[Records drawn from a dataset]
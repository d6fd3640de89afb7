-- ===== src/Components/Notification.antt =====
-- src/frontend/src/components/mui/alert/notification.tsx: what a notification shows, and the bar that
-- counts down until it is hidden; and `Simple` of src/frontend/src/themes/components/feedback/notistack.tsx,
-- which makes a snack into a notification. `N` is what React renders, and `H` a handler; a node that is
-- false, such as an empty text, counts as absent.
pub mod Countdown
use Prim.Native.Nat.{zero, suc, ◌<◌, ◌≤◌, max, min}
use swarm_engine.Prelude.{
  ℕ, ◌+◌, ◌-◌, ◌*◌, ◌/◌, ◌%◌, String, ◌≡◌, refl, sym, ap, ap₂, subst, ◌∙◌, fun_ext, ◌≢◌, ◌↔◌, ◌⊎◌,
  inl, inr, Bool, true, false, not, ◌&&◌, ◌||◌, Option, none, some, List, [], ◌∷◌, ◌++◌, map,
  append-nil, append_assoc, arith, ltb, leb, ◌==◌, if◌then◌else◌, ==_iff, ==_refl, Bool-cases,
  Option-cases, some_inj, lt→ltb, ge→ltb, ltb→lt, ltb→ge, length, get_elem?, take, drop,
  length-append, take-append-drop, length-drop, take-length-append, drop-append_add, last?, init,
  last?-append, init-append, init-append-last, any, all, filter, find, find_index, length-map,
}
use swarm_engine.Text.{Str, codes}

pub data Severity : Type 0 where
  info success warning error : Severity

pub data AlertVariant : Type 0 where
  notification_variant standard filled outlined : AlertVariant

-- `variant === 'notification'`
abbrev is_notification : Option AlertVariant → Bool
is_notification (some notification_variant) = true
is_notification _ = false

-- `NotificationProps`, as far as the component reads it; the label of the dismiss button has a default.
pub record NotificationProps (N H : Type 0) : Type 0 where
  pub auto_hide_duration : Option ℕ
  pub variant : Option AlertVariant
  pub severity : Severity
  pub title : Option N
  pub children : Option N
  pub action : Option N
  pub on_close : Option H
  pub dismiss_label : Option N
  pub on_dismiss : Option H

-- The buttons: the dismiss button with its label and handler, and the action.
pub record ActionsView (N H : Type 0) : Type 0 where
  pub dismiss : Option (N × H)
  pub action : Option N

-- What stands below the buttons: nothing, the number 0, or the bar of a countdown.
pub data Bottom : Type 0 where
  nothing : Bottom
  zero_text : Bottom
  countdown : ℕ → Severity → Bottom

pub record AlertView (N H : Type 0) : Type 0 where
  pub variant : Option AlertVariant
  pub title : Option N
  pub children : Option N
  pub on_close : Option H
  pub side_actions : Option (ActionsView N H)
  pub bottom_actions : Option (ActionsView N H)
  pub bottom : Bottom

-- The bar: how far it is, the time of its first frame (0 if there was none), and whether it asks for
-- another frame.
pub record CountdownState : Type 0 where
  pub start_time : ℕ
  pub progress : ℕ
  pub running : Bool

abbrev pub compensation : ℕ
compensation = 150

-- `Math.min(100, Math.ceil(x / (duration / 100)))`
unfoldable pub progress_of : ℕ → ℕ → ℕ
progress_of duration x = min 100 ((100 * x + (duration - 1)) / duration)

-- The effect: without a duration there is no frame.
abbrev pub start_countdown : ℕ → CountdownState
start_countdown duration = record { start_time = 0; progress = 0; running = ltb 0 duration }

-- `!startTime`
abbrev started_at : ℕ → ℕ → ℕ
started_at zero t = t
started_at (suc s) t = suc s

-- The callback of a frame at the time `t`.
unfoldable on_frame : ℕ → ℕ → CountdownState → CountdownState
unfolding progress_of
on_frame duration t s =
    let start = started_at s.start_time t in
    let progress = progress_of duration (t + compensation - start) in
    if s.running
    then record { start_time = start; progress = progress; running = ltb progress 100 }
    else s

unfoldable pub countdown_run : ℕ → List ℕ → CountdownState → CountdownState
unfolding on_frame
countdown_run duration [] s = s
countdown_run duration (t ∷ ts) s = countdown_run duration ts (on_frame duration t s)

-- `if (!title && children)`: the content of a notification without a title is its title.
unfoldable heading : {N : Type 0} → Option N → Option N → Option N × Option N
heading (some t) children = (some t, children)
heading none children = (children, none)

-- `autoHideDuration && autoHideDuration > 0 && <Countdown />`
unfoldable pub bottom_of : Severity → Option ℕ → Bottom
bottom_of severity none = nothing
bottom_of severity (some zero) = zero_text
bottom_of severity (some (suc d)) = countdown (suc d) severity

module _ {N H : Type 0} where
  -- `nodeDismiss`
  unfoldable dismiss_button : N → Option N → Option H → Option (N × H)
  dismiss_button default_label label none = none
  dismiss_button default_label none (some h) = some (default_label, h)
  dismiss_button default_label (some l) (some h) = some (l, h)

  -- `nodeActions`
  unfoldable actions_of : Option (N × H) → Option N → Option (ActionsView N H)
  actions_of none none = none
  actions_of dismiss action = some (record { dismiss = dismiss; action = action })

  -- `Notification`; `default_label` is the text Dismiss.
  unfoldable pub notification_view : N → NotificationProps N H → AlertView N H
  unfolding heading dismiss_button actions_of bottom_of
  notification_view default_label p =
      let (title, children) = heading p.title p.children in
      let actions =
        actions_of (dismiss_button default_label p.dismiss_label p.on_dismiss) p.action in
      if is_notification p.variant
      then record {
        variant = p.variant;
        title = title;
        children = children;
        on_close = p.on_close;
        side_actions = none;
        bottom_actions = actions;
        bottom = bottom_of p.severity p.auto_hide_duration;
      }
      else record {
        variant = p.variant;
        title = title;
        children = children;
        on_close = p.on_close;
        side_actions = actions;
        bottom_actions = none;
        bottom = nothing;
      }

-- The variant of a snack; a default one is an information.
pub data SnackVariant : Type 0 where
  default_variant : SnackVariant
  of_severity : Severity → SnackVariant

-- A snack, as far as `Simple` reads it. An action may be a function of the snack's key.
pub record Snack (K N : Type 0) : Type 0 where
  pub id : K
  pub variant : SnackVariant
  pub title : Option N
  pub message : Option N
  pub action : Option ((K → Option N) ⊎ N)
  pub notification : Option Bool
  pub closable : Option Bool
  pub dismiss_able : Option Bool
  pub auto_hide_duration : Option ℕ

abbrev default_to : Bool → Option Bool → Bool
default_to d none = d
default_to d (some b) = b

abbrev severity_of : SnackVariant → Severity
severity_of default_variant = info
severity_of (of_severity s) = s

-- `d || undefined`
abbrev positive_duration : Option ℕ → Option ℕ
positive_duration (some (suc d)) = some (suc d)
positive_duration _ = none

abbrev action_node : {K N : Type 0} → K → Option ((K → Option N) ⊎ N) → Option N
action_node id none = none
action_node id (some (inl f)) = f id
action_node id (some (inr n)) = some n

abbrev handler_if : {H : Type 0} → Bool → H → Option H
handler_if b h = if b then some h else none

module _ {K N H : Type 0} (close_snackbar : K → H) where
  -- `Simple`; `close_snackbar id` is the handler that closes the snack.
  unfoldable pub simple_props : Snack K N → NotificationProps N H
  simple_props s =
      let notification = default_to true s.notification in
      record {
        auto_hide_duration = positive_duration s.auto_hide_duration;
        variant = some (if notification then notification_variant else outlined);
        severity = severity_of s.variant;
        title = s.title;
        children = s.message;
        action = action_node s.id s.action;
        on_close = handler_if (default_to notification s.closable) (close_snackbar s.id);
        dismiss_label = none;
        on_dismiss = handler_if (default_to false s.dismiss_able) (close_snackbar s.id);
      }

> What you will do: A verbatim copy of every record is what you should return.

> Task result:
repository d6fd3640de89afb7
-- ===== src/Components/Notification.antt =====
-- src/frontend/src/components/mui/alert/notification.tsx: what a notification shows, and the bar that
-- counts down until it is hidden; and `Simple` of src/frontend/src/themes/components/feedback/notistack.tsx,
-- which makes a snack into a notification. `N` is what React renders, and `H` a handler; a node that is
-- false, such as an empty text, counts as absent.
pub mod Countdown
use Prim.Native.Nat.{zero, suc, ◌<◌, ◌≤◌, max, min}
use swarm_engine.Prelude.{
  ℕ, ◌+◌, ◌-◌, ◌*◌, ◌/◌, ◌%◌, String, ◌≡◌, refl, sym, ap, ap₂, subst, ◌∙◌, fun_ext, ◌≢◌, ◌↔◌, ◌⊎◌,
  inl, inr, Bool, true, false, not, ◌&&◌, ◌||◌, Option, none, some, List, [], ◌∷◌, ◌++◌, map,
  append-nil, append_assoc, arith, ltb, leb, ◌==◌, if◌then◌else◌, ==_iff, ==_refl, Bool-cases,
  Option-cases, some_inj, lt→ltb, ge→ltb, ltb→lt, ltb→ge, length, get_elem?, take, drop,
  length-append, take-append-drop, length-drop, take-length-append, drop-append_add, last?, init,
  last?-append, init-append, init-append-last, any, all, filter, find, find_index, length-map,
}
use swarm_engine.Text.{Str, codes}

pub data Severity : Type 0 where
  info success warning error : Severity

pub data AlertVariant : Type 0 where
  notification_variant standard filled outlined : AlertVariant

-- `variant === 'notification'`
abbrev is_notification : Option AlertVariant → Bool
is_notification (some notification_variant) = true
is_notification _ = false

-- `NotificationProps`, as far as the component reads it; the label of the dismiss button has a default.
pub record NotificationProps (N H : Type 0) : Type 0 where
  pub auto_hide_duration : Option ℕ
  pub variant : Option AlertVariant
  pub severity : Severity
  pub title : Option N
  pub children : Option N
  pub action : Option N
  pub on_close : Option H
  pub dismiss_label : Option N
  pub on_dismiss : Option H

-- The buttons: the dismiss button with its label and handler, and the action.
pub record ActionsView (N H : Type 0) : Type 0 where
  pub dismiss : Option (N × H)
  pub action : Option N

-- What stands below the buttons: nothing, the number 0, or the bar of a countdown.
pub data Bottom : Type 0 where
  nothing : Bottom
  zero_text : Bottom
  countdown : ℕ → Severity → Bottom

pub record AlertView (N H : Type 0) : Type 0 where
  pub variant : Option AlertVariant
  pub title : Option N
  pub children : Option N
  pub on_close : Option H
  pub side_actions : Option (ActionsView N H)
  pub bottom_actions : Option (ActionsView N H)
  pub bottom : Bottom

-- The bar: how far it is, the time of its first frame (0 if there was none), and whether it asks for
-- another frame.
pub record CountdownState : Type 0 where
  pub start_time : ℕ
  pub progress : ℕ
  pub running : Bool

abbrev pub compensation : ℕ
compensation = 150

-- `Math.min(100, Math.ceil(x / (duration / 100)))`
unfoldable pub progress_of : ℕ → ℕ → ℕ
progress_of duration x = min 100 ((100 * x + (duration - 1)) / duration)

-- The effect: without a duration there is no frame.
abbrev pub start_countdown : ℕ → CountdownState
start_countdown duration = record { start_time = 0; progress = 0; running = ltb 0 duration }

-- `!startTime`
abbrev started_at : ℕ → ℕ → ℕ
started_at zero t = t
started_at (suc s) t = suc s

-- The callback of a frame at the time `t`.
unfoldable on_frame : ℕ → ℕ → CountdownState → CountdownState
unfolding progress_of
on_frame duration t s =
    let start = started_at s.start_time t in
    let progress = progress_of duration (t + compensation - start) in
    if s.running
    then record { start_time = start; progress = progress; running = ltb progress 100 }
    else s

unfoldable pub countdown_run : ℕ → List ℕ → CountdownState → CountdownState
unfolding on_frame
countdown_run duration [] s = s
countdown_run duration (t ∷ ts) s = countdown_run duration ts (on_frame duration t s)

-- `if (!title && children)`: the content of a notification without a title is its title.
unfoldable heading : {N : Type 0} → Option N → Option N → Option N × Option N
heading (some t) children = (some t, children)
heading none children = (children, none)

-- `autoHideDuration && autoHideDuration > 0 && <Countdown />`
unfoldable pub bottom_of : Severity → Option ℕ → Bottom
bottom_of severity none = nothing
bottom_of severity (some zero) = zero_text
bottom_of severity (some (suc d)) = countdown (suc d) severity

module _ {N H : Type 0} where
  -- `nodeDismiss`
  unfoldable dismiss_button : N → Option N → Option H → Option (N × H)
  dismiss_button default_label label none = none
  dismiss_button default_label none (some h) = some (default_label, h)
  dismiss_button default_label (some l) (some h) = some (l, h)

  -- `nodeActions`
  unfoldable actions_of : Option (N × H) → Option N → Option (ActionsView N H)
  actions_of none none = none
  actions_of dismiss action = some (record { dismiss = dismiss; action = action })

  -- `Notification`; `default_label` is the text Dismiss.
  unfoldable pub notification_view : N → NotificationProps N H → AlertView N H
  unfolding heading dismiss_button actions_of bottom_of
  notification_view default_label p =
      let (title, children) = heading p.title p.children in
      let actions =
        actions_of (dismiss_button default_label p.dismiss_label p.on_dismiss) p.action in
      if is_notification p.variant
      then record {
        variant = p.variant;
        title = title;
        children = children;
        on_close = p.on_close;
        side_actions = none;
        bottom_actions = actions;
        bottom = bottom_of p.severity p.auto_hide_duration;
      }
      else record {
        variant = p.variant;
        title = title;
        children = children;
        on_close = p.on_close;
        side_actions = actions;
        bottom_actions = none;
        bottom = nothing;
      }

-- The variant of a snack; a default one is an information.
pub data SnackVariant : Type 0 where
  default_variant : SnackVariant
  of_severity : Severity → SnackVariant

-- A snack, as far as `Simple` reads it. An action may be a function of the snack's key.
pub record Snack (K N : Type 0) : Type 0 where
  pub id : K
  pub variant : SnackVariant
  pub title : Option N
  pub message : Option N
  pub action : Option ((K → Option N) ⊎ N)
  pub notification : Option Bool
  pub closable : Option Bool
  pub dismiss_able : Option Bool
  pub auto_hide_duration : Option ℕ

abbrev default_to : Bool → Option Bool → Bool
default_to d none = d
default_to d (some b) = b

abbrev severity_of : SnackVariant → Severity
severity_of default_variant = info
severity_of (of_severity s) = s

-- `d || undefined`
abbrev positive_duration : Option ℕ → Option ℕ
positive_duration (some (suc d)) = some (suc d)
positive_duration _ = none

abbrev action_node : {K N : Type 0} → K → Option ((K → Option N) ⊎ N) → Option N
action_node id none = none
action_node id (some (inl f)) = f id
action_node id (some (inr n)) = some n

abbrev handler_if : {H : Type 0} → Bool → H → Option H
handler_if b h = if b then some h else none

module _ {K N H : Type 0} (close_snackbar : K → H) where
  -- `Simple`; `close_snackbar id` is the handler that closes the snack.
  unfoldable pub simple_props : Snack K N → NotificationProps N H
  simple_props s =
      let notification = default_to true s.notification in
      record {
        auto_hide_duration = positive_duration s.auto_hide_duration;
        variant = some (if notification then notification_variant else outlined);
        severity = severity_of s.variant;
        title = s.title;
        children = s.message;
        action = action_node s.id s.action;
        on_close = handler_if (default_to notification s.closable) (close_snackbar s.id);
        dismiss_label = none;
        on_dismiss = handler_if (default_to false s.dismiss_able) (close_snackbar s.id);
      }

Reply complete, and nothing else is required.